Self-assembly of chromatic patchy particles with tetrahedrally arranged patches
Dariusz Tarasewicz, Edyta Raczy{\l}{\l}o, Wojciech R\.zysko, {\L}ukasz, Baran

TL;DR
This paper investigates the self-assembly of patchy particles with tetrahedral patches, revealing challenges in selectively forming cubic diamond structures due to competing phases and frustration effects, with implications for photonic applications.
Contribution
It demonstrates that 1:1 mixtures of identical patchy particles cannot selectively form cubic diamond due to frustration, and explains the limitations in binary systems under confinement.
Findings
Mixtures always form both hexagonal and cubic diamond phases.
Stacking hybrids are more common in binary systems across various patch sizes.
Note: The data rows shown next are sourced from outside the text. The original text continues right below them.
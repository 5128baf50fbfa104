-- ===== src/Outbound/Frames.antt =====
-- packages/core/src/outbound-emitter.ts, `ingest` and the handlers of frames. A frame has the shape that
-- the child declares, with what the code reads of it.
use omp_bundler.Prelude.{
  ℕ, List, [], ◌∷◌, ◌++◌, Bool, true, false, not, ◌&&◌, ◌||◌, Option, none, some, Text, same,
  is_empty, any, if◌then◌else◌, codes,
}
use omp_bundler.Contracts.{turn_reply, WorkspaceAttachment, TurnUsage}
use omp_bundler.Outbound.{
  Config, Emitter, Outcome, done, ensure_started, finish, emit_provider_error, emit_best_effort,
  flush_progress, zero_usage,
}
use omp_bundler.Contracts.{turn_delta}

pub record Message : Type 0 where
  pub is_assistant : Bool
  pub stopped_on_error : Bool
  pub usage : Option TurnUsage

pub data Subagent : Type 0 where
  subagent_lifecycle subagent_progress subagent_event : Subagent

pub data Frame : Type 0 where
  turn_start : Frame
  -- The text of a text delta.
  message_update : Option Text → Frame
  -- The tool's name, whether it failed, and the attachment that its result names.
  tool_execution_end : Text → Bool → Option WorkspaceAttachment → Frame
  turn_end : Option TurnUsage → Frame
  agent_end : List Message → Frame
  -- With the id and the name, which may be empty.
  subagent : Subagent → Text → Text → Frame
  other : Frame

abbrev delivery_attachment_tool : Text
delivery_attachment_tool = codes "deliver_attachment"

abbrev stay_silent_tool : Text
stay_silent_tool = codes "stay_silent"

-- An empty text counts for none.
abbrev nonempty : Option Text → Option Text
nonempty none = none
nonempty (some t) = if is_empty t then none else some t

abbrev pub extract_delivery_attachment :
    Text → Bool → Option WorkspaceAttachment → Option WorkspaceAttachment
extract_delivery_attachment tool is_error none = none
extract_delivery_attachment tool is_error (some a) =
    if not (same tool delivery_attachment_tool) || (is_error || is_empty a.path)
    then none
    else some (record { path = a.path; name = nonempty a.name; media_type = nonempty a.media_type })

-- `none` when no message is the assistant's.
abbrev ended_in_error : List Message → Option Bool
ended_in_error [] = none
ended_in_error (m ∷ ms) = elim (ended_in_error ms) [
  | some b ↦ some b
  | none ↦ if m.is_assistant then some m.stopped_on_error else none
]

abbrev or_false : Option Bool → Bool
or_false none = false
or_false (some b) = b

unfoldable pub agent_end_has_model_error : List Message → Bool
agent_end_has_model_error ms = or_false (ended_in_error ms)

unfoldable pub extract_usage_from_agent_end : List Message → TurnUsage
extract_usage_from_agent_end [] = zero_usage
extract_usage_from_agent_end (m ∷ ms) =
    let rest = extract_usage_from_agent_end ms in
    if m.is_assistant then elim m.usage [ some u ↦ u | none ↦ rest ] else rest

abbrev or_usage : Option TurnUsage → TurnUsage → TurnUsage
or_usage none v = v
or_usage (some u) v = u

abbrev label : Subagent → Text
label subagent_lifecycle = codes "subagent lifecycle"
label subagent_progress = codes "subagent progress"
label subagent_event = codes "subagent event"

abbrev pub describe_subagent_frame : Subagent → Text → Text → Text
describe_subagent_frame kind id name =
    let detail = if is_empty name then id else name in
    if is_empty detail then label kind else label kind ++ (codes ": " ++ detail)

abbrev pub has_path : Text → WorkspaceAttachment → Bool
has_path p a = same a.path p

abbrev keep_attachment :
    Option WorkspaceAttachment → List WorkspaceAttachment → List WorkspaceAttachment
keep_attachment none kept = kept
keep_attachment (some a) kept = if any (has_path a.path) kept then kept else kept ++ a ∷ []

module _ (c : Config) where
  unfoldable pub handle_progress_candidate : ℕ → Text → Emitter → Emitter
  handle_progress_candidate now message s =
      flush_progress c now (record s { pending_progress = some message })

  unfoldable pub handle_message_update : ℕ → Option Text → Emitter → Emitter
  handle_message_update now none s = s
  handle_message_update now (some delta) s =
      let t = record s { reply_text = s.reply_text ++ delta } in
      if is_empty delta
      then s
      else if s.closed || s.terminal_emitted
      then t
      else handle_progress_candidate now delta (emit_best_effort c now (turn_delta delta) t)

  unfoldable pub handle_tool_execution_end :
      Text → Bool → Option WorkspaceAttachment → Emitter → Emitter
  handle_tool_execution_end tool is_error marker s = record s {
    reply_attachments =
        keep_attachment (extract_delivery_attachment tool is_error marker) s.reply_attachments;
    stay_silent = s.stay_silent || (same tool stay_silent_tool && not is_error);
  }

  unfoldable pub handle_turn_end : Option TurnUsage → Emitter → Emitter
  handle_turn_end none s = s
  handle_turn_end (some u) s = record s { reply_usage = some u }

  unfoldable pub handle_agent_end : ℕ → List Message → Emitter → Outcome
  unfolding agent_end_has_model_error extract_usage_from_agent_end
  handle_agent_end now ms s =
      let usage = or_usage s.reply_usage (extract_usage_from_agent_end ms) in
      if s.closed || s.terminal_emitted
      then done s
      else if agent_end_has_model_error ms
      then emit_provider_error c now (codes "model_error") (codes "Agent model request failed") true
          s
      else if s.stay_silent
      then finish c now (turn_reply [] [] usage) s
      else if is_empty s.reply_text && is_empty s.reply_attachments
      then emit_provider_error c now (codes "empty_response")
          (codes "Agent completed without producing a reply") false s
      else finish c now (turn_reply s.reply_text s.reply_attachments usage) s

  unfoldable pub ingest_frame : ℕ → Frame → Emitter → Outcome
  ingest_frame now turn_start s = ensure_started c now s
  ingest_frame now (message_update delta) s = done (handle_message_update now delta s)
  ingest_frame now (tool_execution_end tool is_error marker) s =
      done (handle_tool_execution_end tool is_error marker s)
  ingest_frame now (turn_end usage) s = done (handle_turn_end usage s)
  ingest_frame now (agent_end ms) s = handle_agent_end now ms s
  ingest_frame now (subagent kind id name) s =
      done (handle_progress_candidate now (describe_subagent_frame kind id name) s)
  ingest_frame now other s = done s
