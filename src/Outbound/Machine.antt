-- ===== src/Outbound/Machine.antt =====
-- packages/core/src/outbound-emitter.ts: the emitter over calls, POSTs and restarts in any order.
use omp_bundler.Prelude.{ℕ, List, [], ◌∷◌, Bool, true, Text}
use omp_bundler.Contracts.{OutboundEvent, Presence}
use omp_bundler.Outbound.{
  Config, Emitter, flush_progress, emit_provider_error, emit_cancelled, emit_direct_reply,
  emit_presence, opened,
}
use omp_bundler.Outbound.Frames.{Frame, ingest_frame}
use omp_bundler.Outbound.Delivery.{
  Response, resume_pending, retry_permanent_failure, redeliver_durable, post,
}

pub data Call : Type 0 where
  ingests : Frame → Call
  emits_error : Text → Text → Bool → Call
  emits_presence : Presence → Call
  cancels flushes resumes_pending closes : Call
  replies : Text → Call
  retries : Text → Call
  redelivers : OutboundEvent → Call
  -- The head of the delivery chain goes on to the end of one POST.
  posts : Response → Call
  -- The process ends, and another one opens the outbox and resumes.
  restarts : Call

module _ (c : Config) where
  unfoldable pub respond : ℕ → Call → Emitter → Emitter
  respond now (ingests frame) s = (ingest_frame c now frame s).state
  respond now (emits_error code message retryable) s =
      (emit_provider_error c now code message retryable s).state
  respond now (emits_presence p) s = (emit_presence c now p s).state
  respond now cancels s = (emit_cancelled c now s).state
  respond now flushes s = flush_progress c now s
  respond now resumes_pending s = resume_pending c s
  respond now closes s = record s { closed = true }
  respond now (replies text) s = (emit_direct_reply c now text s).state
  respond now (retries id) s = (retry_permanent_failure c (c.iso now) id s).state
  respond now (redelivers e) s = (redeliver_durable c (c.iso now) e s).state
  respond now (posts r) s = post c (c.iso now) r s
  respond now restarts s = resume_pending c (opened c s.rows s.drawn)

  unfoldable pub history : List (ℕ × Call) → Emitter → Emitter
  unfolding respond
  history [] s = s
  history ((now, call) ∷ calls) s = history calls (respond now call s)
Selective formation of cubic diamond is hindered by frustration and competing phases.
Abstract
The achievement of selectivity in the formation of cubic diamond is challenging due to the emergence of competing phases such as its hexagonal polymorph or clathrates possessing similar free energy. Although both polymorphs exhibit a complete photonic bandgap, the cubic diamond exhibits it at lower frequencies than the hexagonal counterpart, positioning him as a promising candidate for photonic applications.Herein, we demonstrate that the 1:1 mixture of identical patchy particles cannot selectively form the cubic diamond polymorph due to the frustrations present in the system that are manifested in the primary adsorption layer and propagate as the film grows. We provide a plausible} explanation why the binary system under confinement, resembling interactions between the complementary DNA bases cannot yield the selectivity in the formation of cubic diamond crystals which is based on the…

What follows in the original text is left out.